# 6.3a and Apple Bonjour network protocol.



## oldguy1 (Aug 22, 2006)

Anyone notice the end of the 6.3a system info that mentions this release contains the Apple Computer Bonjour network discovery protocol?

Maybe an indication that networking may be enabled soon?


----------



## litzdog911 (Jun 23, 2004)

No. Just new disclosure information that's part of Tivo's standard boilerplate licensing language.


----------



## Rob3000 (Oct 19, 2006)

You're not halucinating, it's there. Just got my 6.3a update yesterday and it's true. Could be that DirecTV is going to implement some sort of networking like TIVO to GO.


----------



## litzdog911 (Jun 23, 2004)

Rob3000 said:


> You're not halucinating, it's there. Just got my 6.3a update yesterday and it's true. Could be that DirecTV is going to implement some sort of networking like TIVO to GO.


Did you read my answer to the original question? 
No, it's highly unlikely that we will see any additional feature enhancements to the Tivo-based DVRs from DirecTV, including Networking. That text is just carry-over from Tivo's standard boilerplate licensing agreements.


----------



## Blitz68 (Apr 19, 2006)

Rob3000 said:


> You're not halucinating, it's there. Just got my 6.3a update yesterday and it's true. Could be that DirecTV is going to implement some sort of networking like TIVO to GO.


NO. DTV is not going to invest any more in the HR10-250. It will be nothing more than a R10 with larger storage space as all of the HD will be going to MPEG4.


----------



## Herdfan (Mar 18, 2006)

I remember when our very own Earl freaked out D* management when he found the networking files on his R10. He was the talk of the executive wing for a couple of days.

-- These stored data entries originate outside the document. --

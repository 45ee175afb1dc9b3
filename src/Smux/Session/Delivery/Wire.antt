-- ===== src/Smux/Session/Delivery/Wire.antt =====
-- From a Write on one side, over the bytes of its frames, to the buffer of the stream on the other.
use revese_server.Base.{
  ◌⊎◌, refl, inr, inl, append-nil, subst, append_assoc, ◌+◌, length-append, IsByte, Option-cases,
  length, [], ◌++◌, ◌∷◌, some, ◌≡◌, arith, All, List, ◌<◌, ℕ,
}
use revese_server.Smux.Session.{ℕ, Session, Env}
use revese_server.Smux.Frame.{
  Frame, cmd_psh, frame_bytes, header_bytes, wire_bytes, read_frame, frame, IsFrame,
}
use revese_server.Smux.Frame.RoundTrip.{read_frame-frame_bytes, frame_bytes-eq}
use revese_server.Smux.Stream.{Stream, split}
use revese_server.Smux.Stream.Split.{payloads, IsPiece, split_lem}
use revese_server.Smux.Session.Recv.{next, recv_round, recv_rounds, handled}
use revese_server.Smux.Session.Delivery.Receive.{Pushed, handle_frame-Pushed}
use revese_server.Base.Maps.{lookup}

-- A positive int32.
abbrev HasTokens : Session → ℕ → Type 0
HasTokens s n = (n < s.bucket) × (s.bucket < 2147483648)

pub piece-IsFrame : (n sid : ℕ) (f : Frame) → sid < 4294967296 → IsPiece n cmd_psh sid f → IsFrame f
piece-IsFrame n sid f h i = record {
  ver_byte = omega (arith, i.ver);
  cmd_byte = omega (arith, i.cmd);
  sid_word = omega (arith, i.sid);
  data_bytes = i.bytes;
}

-- One round of the receive loop on the bytes of a piece.
recv_round-piece :
    (env : Env) (s : Session) (n sid p : ℕ) (f : Frame) (b rest : List ℕ)
    → sid < 4294967296
    → n < 65528
    → IsPiece n cmd_psh sid f
    → lookup sid s.streams ≡ some p
    → HasTokens s 0
    → frame_bytes f ≡ some b
    → (t : Session) × (recv_round env s (b ++ rest) ≡ handled (next t) rest)
      × Pushed s p f.payload t
unfolding recv_round
recv_round-piece env s n sid p f b rest hs hn i l (lo, hi) e =
    let (t, r, q) = handle_frame-Pushed env s f p i.cmd (rw i.sid l) in
    let read : read_frame (b ++ rest) ≡ frame f rest =
      read_frame-frame_bytes f b rest i.ver (piece-IsFrame n sid f hs i) (omega (arith, i.high))
        e in
    (t, ground (arith, read, r), q)

-- The frames of the pieces can be written.
wire_bytes-pieces :
    (n sid : ℕ) (fs : List Frame)
    → n < 65528
    → All (IsPiece n cmd_psh sid) fs
    → (w : List ℕ) × (wire_bytes fs ≡ some w)
unfolding wire_bytes
wire_bytes-pieces n sid [] h i = ([], refl)
wire_bytes-pieces n sid (f ∷ fs) h (i, is) =
    let (w, e) = wire_bytes-pieces n sid fs h is in
    (
      (header_bytes f ++ f.payload) ++ w,
      ground (arith, e, frame_bytes-eq f (omega (arith, i.high))),
    )

-- What the data of a Write does to the receiver: the stream's buffer gets it, in order, the bucket
-- pays for it, and nothing else that the delivery depends on changes.
pub record Delivered (s : Session) (p : ℕ) (bytes : List ℕ) (t : Session) : Type 0 where
  pub buffer : (t.objects p).buffer ≡ (s.objects p).buffer ++ bytes
  pub others : (q : ℕ) → (q ≡ p) ⊎ ((t.objects q).buffer ≡ (s.objects q).buffer)
  pub streams : t.streams ≡ s.streams
  pub bucket : t.bucket + length bytes ≡ s.bucket

Delivered-step :
    (s u t : Session) (p : ℕ) (xs ys : List ℕ)
    → HasTokens s (length xs)
    → Pushed s p xs u
    → Delivered u p ys t
    → Delivered s p (xs ++ ys) t
Delivered-step s u t p xs ys (lo, hi) a b = record {
  buffer = ground (arith, a.buffer, b.buffer, append_assoc (s.objects p).buffer xs ys);
  others = λ q. ground (arith, a.others q, b.others q);
  streams = ground (arith, a.streams, b.streams);
  bucket = omega (arith, a.bucket, b.bucket, length-append xs ys);
}

Pushed-tokens :
    (s u : Session) (p : ℕ) (xs ys : List ℕ)
    → HasTokens s (length (xs ++ ys))
    → Pushed s p xs u
    → HasTokens u (length ys)
Pushed-tokens s u p xs ys (lo, hi) a =
    (omega (arith, a.bucket, length-append xs ys), omega (arith, a.bucket, length-append xs ys))

pub wire_bytes-cons :
    (f : Frame) (fs : List Frame) (w : List ℕ)
    → wire_bytes (f ∷ fs) ≡ some w
    → (b : List ℕ) × (bs : List ℕ) × (frame_bytes f ≡ some b)
      × (wire_bytes fs ≡ some bs)
      × (w ≡ b ++ bs)
unfolding wire_bytes
wire_bytes-cons f fs w e = elim (Option-cases (frame_bytes f)) [
  | inl n ↦ absurd (ground arith)
  | inr (b, eb) ↦ elim (Option-cases (wire_bytes fs)) [
    | inl n ↦ absurd (ground arith)
    | inr (bs, ebs) ↦ (b, bs, eb, ebs, ground arith)
  ]
]

recv_rounds-pieces :
    (envs : ℕ → Env) (s : Session) (n sid p : ℕ) (fs : List Frame) (w rest : List ℕ)
    → sid < 4294967296
    → n < 65528
    → All (IsPiece n cmd_psh sid) fs
    → lookup sid s.streams ≡ some p
    → HasTokens s (length (payloads fs))
    → wire_bytes fs ≡ some w
    → (t : Session) × (recv_rounds (length fs) envs s (w ++ rest) ≡ handled (next t) rest)
      × Delivered s p (payloads fs) t
unfolding recv_rounds
recv_rounds-pieces envs s n sid p [] w rest hs hn i l k e = (
  s,
  unfold wire_bytes in ground arith,
  record {
    buffer = ground (arith, append-nil (s.objects p).buffer);
    others = λ q. inr refl;
    streams = refl;
    bucket = omega arith;
  },
)
recv_rounds-pieces envs s n sid p (f ∷ fs) w rest hs hn (i, is) l k e =
    let (b, bs, eb, ebs, ew) = wire_bytes-cons f fs w e in
    let (u, r, a) =
      recv_round-piece (envs (length fs)) s n sid p f b (bs ++ rest) hs hn i l (omega arith) eb in
    let (t, r', d) =
      recv_rounds-pieces envs u n sid p fs bs rest hs hn is (ground (arith, a.streams))
        (Pushed-tokens s u p f.payload (payloads fs) k a) ebs in
    (
      t,
      ground (arith, r, r', append_assoc b bs rest),
      Delivered-step s u t p f.payload (payloads fs)
          (omega (arith, k, length-append f.payload (payloads fs))) a d,
    )

-- The frames into which Write splits a buffer, written by the send loop one after the other and read
-- by the receive loop of a session that has the stream open and tokens enough for the buffer: after
-- as many rounds as there are frames the loop goes on with the bytes that follow, and the whole
-- buffer, in order, is at the end of the stream's buffer and in no other. The frame size is at most
-- 65527.
pub write_delivers :
    (envs : ℕ → Env) (st : Stream) (s : Session) (sid p : ℕ) (bts rest : List ℕ)
    → 0 < st.frame_size
    → st.frame_size < 65528
    → All IsByte bts
    → sid < 4294967296
    → lookup sid s.streams ≡ some p
    → length bts < s.bucket
    → s.bucket < 2147483648
    → (w : List ℕ) × (t : Session) × (wire_bytes (split st bts cmd_psh sid) ≡ some w)
      × (recv_rounds (length (split st bts cmd_psh sid)) envs s (w ++ rest) ≡ handled (next t) rest)
      × Delivered s p bts t
write_delivers envs st s sid p bts rest h0 h1 hb hs l lo hi =
    let (whole, pieces) = split_lem st bts cmd_psh sid h0 hb in
    let (w, e) = wire_bytes-pieces st.frame_size sid _ h1 pieces in
    let (t, r, d) =
      recv_rounds-pieces envs s st.frame_size sid p _ w rest hs h1 pieces l (rw whole (lo, hi)) e in
    (w, t, e, r, subst (λ b. Delivered s p b t) whole d)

This software comes from TiVo and probably has networking files in it as it was easier to leave them in than remove them. Just because they are there, doesn't mean they will be activated anytime soon.

Sorry.


----------



## Wolffpack (Jul 29, 2003)

Others on DDB have indicated that 6.3's root was from the 7.2 version of the Tivo application which does include that code, thus the license language is required.


----------



## Budget_HT (Jun 4, 2003)

Blitz68 said:


> NO. DTV is not going to invest any more in the HR10-250. It will be nothing more than a R10 with larger storage space as all of the HD will be going to MPEG4.


Don't forget that OTA HDTV is still going to be MPEG-2, not -4. So, the HR10-250 can be used for a long time to record OTA HD programs. Today that makes up about 95% of what we record at our house anyway.


----------